-- ===== src/Lexer.antt =====
-- src/lang/core.py, class `Lexer`: the main loop of `lex`, over the code points of the source text.
pub mod Chars
pub mod Cuts
pub mod Scan
pub mod Splits
pub mod Pieces
pub mod Tiles
use l.Base.{ℕ, zero, suc, ◌+◌, Bool, Option, none, some, List, [], ◌∷◌, ◌==◌, if◌then◌else◌, length}
use l.Base.Results.{Result, ok, err, ◌>>=◌}
use l.Lexer.Cuts.{Kind, eof, Tok, LexError}
use l.Lexer.Scan.{Piece, scan}

-- offset, line and column
pub record Position : Type 0 where
  pub offset : ℕ
  pub line : ℕ
  pub col : ℕ

-- i += 1 and `advance`, for one code point: a line feed starts a line
abbrev pub advance_one : ℕ → Position → Position
advance_one c p =
    if c == 10
    then record { offset = p.offset + 1; line = p.line + 1; col = 1 }
    else record { offset = p.offset + 1; line = p.line; col = p.col + 1 }

unfoldable pub advance : List ℕ → Position → Position
advance [] p = p
advance (c ∷ cs) p = advance cs (advance_one c p)

abbrev pub token_at : Position → Position → Kind × List ℕ × Option (List ℕ) → Tok
token_at p q (k, text, raw) = record {
  kind = k;
  text = text;
  start = p.offset;
  stop = q.offset;
  line = p.line;
  col = p.col;
  end_line = q.line;
  end_col = q.col;
  raw = raw;
}

abbrev pub emit : Option Tok → List Tok → List Tok
emit none ts = ts
emit (some t) ts = t ∷ ts

abbrev pub placed : Position → Position → Option (Kind × List ℕ × Option (List ℕ)) → Option Tok
placed p q none = none
placed p q (some t) = some (token_at p q t)

-- Tok("EOF", "", Span(n, n, line, col, line, col))
abbrev pub eof_at : Position → Tok
eof_at p = token_at p p (eof, [], none)

-- `out_of_fuel` has no counterpart in the program.
pub data LexFailure : Type 0 where
  lexical : LexError → LexFailure
  out_of_fuel : LexFailure

abbrev pub raise_lexical : {A : Type 0} → Result LexError A → Result LexFailure A
raise_lexical (ok a) = ok a
raise_lexical (err e) = err (lexical e)

module _ (other_digit : ℕ → Bool) where
  -- Each round consumes text, so the length of the text is enough fuel (Tiles).
  unfoldable pub lex_loop : ℕ → Bool → Position → List ℕ → Result LexFailure (List Tok)
  unfolding advance
  lex_loop f keep p [] = ok (eof_at p ∷ [])
  lex_loop zero keep p (c ∷ cs) = err out_of_fuel
  lex_loop (suc f) keep p (c ∷ cs) = raise_lexical (scan other_digit keep c cs) >>= λ piece.
      let q = advance piece.cut.0 p in
      lex_loop f keep q piece.cut.1 >>= λ ts. ok (emit (placed p q piece.token) ts)

  abbrev pub origin : Position
  origin = record { offset = 0; line = 1; col = 1 }

  unfoldable pub lex : Bool → List ℕ → Result LexFailure (List Tok)
  unfolding lex_loop
  lex keep src = lex_loop (length src) keep origin src
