-- ===== src/Lexer/Splits.antt =====
-- The scanners of Lexer.Cuts and Lexer.Scan: what each consumed and left, against its text.
use l.Base.{
  ℕ, ◌<◌, Bool, true, false, Option, none, some, List, [], ◌∷◌, ◌++◌, ◌≡◌, refl, ap, ◌&&◌, ◌||◌,
  ◌==◌, if◌then◌else◌, arith, Bool-cases, inl, inr, length,
}
use mathlib.Core.Path.{subst}
use mathlib.Core.List.{append_assoc}
use l.Base.Results.{Result, ok, err, ◌>>=◌}
use l.Lexer.Chars.{among}
use l.Lexer.Cuts.{
  LexError, Cut, prepend, span_while, head_is, digits, strip_prefix, match_multi, Mode, Move, close,
  fail, go, Literal, literal, literal_move, add_piece,
}
use l.Lexer.Scan.{decimal, fraction, exponent, signed_exponent, is_digit}

abbrev pub Splits : Cut → List ℕ → Type 0
Splits (a, b) cs = a ++ b ≡ cs

prepend-Splits : (c : ℕ) (k : Cut) (cs : List ℕ) → Splits k cs → Splits (prepend c k) (c ∷ cs)
prepend-Splits c k cs h = ap (λ t. c ∷ t) h

if-Splits :
    (b : Bool) (k l : Cut) (cs : List ℕ)
    → Splits k cs
    → Splits l cs
    → Splits (if b then k else l) cs
if-Splits true k l cs h g = h
if-Splits false k l cs h g = g

pub span_while-Splits : (p : ℕ → Bool) (cs : List ℕ) → Splits (span_while p cs) cs
unfolding span_while
span_while-Splits p [] = refl
span_while-Splits p (c ∷ cs) =
    if-Splits (p c) (prepend c (span_while p cs)) ([], c ∷ cs) (c ∷ cs)
      (prepend-Splits c (span_while p cs) cs (span_while-Splits p cs)) refl

pub digits-Splits : (v : ℕ → Bool) (prev : Bool) (cs : List ℕ) → Splits (digits v prev cs) cs
unfolding digits
digits-Splits v prev [] = refl
digits-Splits v prev (c ∷ cs) =
    if-Splits (v c || (c == 95 && (prev && head_is v cs))) (prepend c (digits v (v c) cs))
      ([], c ∷ cs) (c ∷ cs) (prepend-Splits c (digits v (v c) cs) cs (digits-Splits v (v c) cs))
      refl

strip_prefix-Splits : (p cs rest : List ℕ) → strip_prefix p cs ≡ some rest → Splits (p, rest) cs
unfolding strip_prefix
strip_prefix-Splits [] cs rest h = cc
strip_prefix-Splits (p ∷ ps) [] rest h = cc
strip_prefix-Splits (p ∷ ps) (c ∷ cs) rest h = elim (Bool-cases (p == c)) [
  | inl e ↦
      let q : p ≡ c = ground (arith, e) in
      rw q (ap (λ t. c ∷ t) (strip_prefix-Splits ps cs rest (rw e at h)))
  | inr e ↦ let k = rw e at h in cc
]

-- no operator is the empty text
abbrev pub AllSome : List (List ℕ) → Type 0
AllSome [] = Unit
AllSome (op ∷ ops) = (0 < length op) × AllSome ops

-- A piece of the text: it was consumed off the front, and is not empty.
abbrev pub Consumes : Cut → List ℕ → Type 0
Consumes (a, b) cs = (0 < length a) × (a ++ b ≡ cs)

pub match_multi-Consumes :
    (ops : List (List ℕ)) (cs : List ℕ) (k : Cut)
    → AllSome ops
    → match_multi ops cs ≡ some k
    → Consumes k cs
unfolding match_multi
match_multi-Consumes [] cs k all h = cc
match_multi-Consumes (op ∷ ops) cs k all h =
    try (strip_prefix op cs) refl h (match_multi-Consumes ops cs k all.1)
  where
    try :
        (o : Option (List ℕ))
        → strip_prefix op cs ≡ o
        → (let r : Option Cut = elim o [
          | some rest ↦ some (op, rest)
          | none ↦ match_multi ops cs
        ] in
            r)
          ≡ some k
        → (match_multi ops cs ≡ some k → Consumes k cs)
        → Consumes k cs
    try (some rest) e g ih =
        subst (λ x. Consumes x cs) (cc) (all.0, strip_prefix-Splits op cs rest e)
    try none e g ih = ih g

pub literal-Splits :
    (quote : ℕ) (m : Mode) (cs : List ℕ) (l : Literal) → literal quote m cs ≡ ok l → Splits l.1 cs
unfolding literal
literal-Splits quote m [] l h = cc
literal-Splits quote m (c ∷ cs) l h =
    move (literal_move quote m c) h (λ m'. literal-Splits quote m' cs)
  where
    after :
        (r : Result LexError Literal) (bs : List ℕ)
        → (r >>= λ x. ok (add_piece c bs x)) ≡ ok l
        → ((x : Literal) → r ≡ ok x → Splits x.1 cs)
        → Splits l.1 (c ∷ cs)
    after (err e) bs g ih = cc
    after (ok x) bs g ih =
        let same : add_piece c bs x ≡ l = cc in
        subst (λ (z : Literal). Splits z.1 (c ∷ cs)) same (prepend-Splits c x.1 cs (ih x refl))

    move :
        (mv : Move)
        → (let r : Result LexError Literal = elim mv [
          | close ↦ ok ([], (c ∷ [], cs))
          | fail e ↦ err e
          | go m' bs ↦ literal quote m' cs >>= λ x. ok (add_piece c bs x)
        ] in
            r)
          ≡ ok l
        → ((m' : Mode) (x : Literal) → literal quote m' cs ≡ ok x → Splits x.1 cs)
        → Splits l.1 (c ∷ cs)
    move close g ih =
        let same : ([], (c ∷ [], cs)) ≡ l = cc in
        subst (λ (z : Literal). Splits z.1 (c ∷ cs)) same refl
    move (fail e) g ih = cc
    move (go m' bs) g ih = after (literal quote m' cs) bs g (ih m')

pick-Splits :
    (b : Bool) (k l : Bool × Cut) (cs : List ℕ)
    → Splits k.1 cs
    → Splits l.1 cs
    → Splits (if b then k else l).1 cs
pick-Splits true k l cs h g = h
pick-Splits false k l cs h g = g

three_cuts :
    (a x b y c z cs : List ℕ) → a ++ x ≡ cs → b ++ y ≡ x → c ++ z ≡ y → (a ++ (b ++ c)) ++ z ≡ cs
three_cuts a x b y c z cs p q r = simp append_assoc (rw (r, q, p))

module _ (other_digit : ℕ → Bool) where
  fraction-Splits : (cs : List ℕ) → Splits (fraction other_digit cs).1 cs
  unfolding fraction
  fraction-Splits [] = refl
  fraction-Splits (c ∷ cs) = elim (Bool-cases (c == 46 && head_is (is_digit other_digit) cs)) [
    | inl e ↦ rw e (ap (λ t. c ∷ t) (digits-Splits (is_digit other_digit) true cs))
    | inr e ↦ rw e
  ]

  signed-Splits : (e : ℕ) (cs : List ℕ) → Splits (signed_exponent other_digit e cs).1 (e ∷ cs)
  signed-Splits e [] = refl
  signed-Splits e (s ∷ cs) =
      let ds = digits-Splits (is_digit other_digit) true cs in
      let es = digits-Splits (is_digit other_digit) true (s ∷ cs) in
      pick-Splits (among s (43 ∷ 45 ∷ [])) _ _ (e ∷ s ∷ cs)
        (pick-Splits (head_is (is_digit other_digit) cs) _ (false, ([], e ∷ s ∷ cs)) (e ∷ s ∷ cs)
          (ap (λ t. e ∷ s ∷ t) ds) refl)
        (pick-Splits (is_digit other_digit s) _ (false, ([], e ∷ s ∷ cs)) (e ∷ s ∷ cs)
          (ap (λ t. e ∷ t) es) refl)

  exponent-Splits : (cs : List ℕ) → Splits (exponent other_digit cs).1 cs
  unfolding exponent
  exponent-Splits [] = refl
  exponent-Splits (e ∷ cs) = elim (Bool-cases (among e (101 ∷ 69 ∷ []))) [
    | inl t ↦ rw t (signed-Splits e cs)
    | inr t ↦ rw t
  ]

  pub decimal-Consumes : (c : ℕ) (cs : List ℕ) → Consumes (decimal other_digit c cs).cut (c ∷ cs)
  unfolding decimal
  decimal-Consumes c cs =
      let ds = is_digit other_digit in
      let (whole, x) = digits ds true cs in
      let (f, (frac, y)) = fraction other_digit x in
      let (e, (expo, z)) = exponent other_digit y in
      (
        omega arith,
        ap (λ t. c ∷ t)
            (three_cuts whole x frac y expo z cs (digits-Splits ds true cs) (fraction-Splits x)
              (exponent-Splits y)),
      )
##########
> [PROBLEM DETAILS]:
Using the entries above, extract exactly the span from the line with "k else l) cs" to the line with "(o : Option (List ℕ))", both lines included; leave out everything else.

> [RESULT FOR THIS TASK]:
    → Splits (if b then k else l) cs
if-Splits true k l cs h g = h
if-Splits false k l cs h g = g

pub span_while-Splits : (p : ℕ → Bool) (cs : List ℕ) → Splits (span_while p cs) cs
unfolding span_while
span_while-Splits p [] = refl
span_while-Splits p (c ∷ cs) =
    if-Splits (p c) (prepend c (span_while p cs)) ([], c ∷ cs) (c ∷ cs)
      (prepend-Splits c (span_while p cs) cs (span_while-Splits p cs)) refl

pub digits-Splits : (v : ℕ → Bool) (prev : Bool) (cs : List ℕ) → Splits (digits v prev cs) cs
unfolding digits
digits-Splits v prev [] = refl
digits-Splits v prev (c ∷ cs) =
    if-Splits (v c || (c == 95 && (prev && head_is v cs))) (prepend c (digits v (v c) cs))
      ([], c ∷ cs) (c ∷ cs) (prepend-Splits c (digits v (v c) cs) cs (digits-Splits v (v c) cs))
      refl

strip_prefix-Splits : (p cs rest : List ℕ) → strip_prefix p cs ≡ some rest → Splits (p, rest) cs
unfolding strip_prefix
strip_prefix-Splits [] cs rest h = cc
strip_prefix-Splits (p ∷ ps) [] rest h = cc
strip_prefix-Splits (p ∷ ps) (c ∷ cs) rest h = elim (Bool-cases (p == c)) [
  | inl e ↦
      let q : p ≡ c = ground (arith, e) in
      rw q (ap (λ t. c ∷ t) (strip_prefix-Splits ps cs rest (rw e at h)))
  | inr e ↦ let k = rw e at h in cc
]

-- no operator is the empty text
abbrev pub AllSome : List (List ℕ) → Type 0
AllSome [] = Unit
AllSome (op ∷ ops) = (0 < length op) × AllSome ops

-- A piece of the text: it was consumed off the front, and is not empty.
abbrev pub Consumes : Cut → List ℕ → Type 0
Consumes (a, b) cs = (0 < length a) × (a ++ b ≡ cs)

pub match_multi-Consumes :
    (ops : List (List ℕ)) (cs : List ℕ) (k : Cut)
    → AllSome ops
    → match_multi ops cs ≡ some k
    → Consumes k cs
unfolding match_multi
match_multi-Consumes [] cs k all h = cc
match_multi-Consumes (op ∷ ops) cs k all h =
    try (strip_prefix op cs) refl h (match_multi-Consumes ops cs k all.1)
  where
    try :
        (o : Option (List ℕ))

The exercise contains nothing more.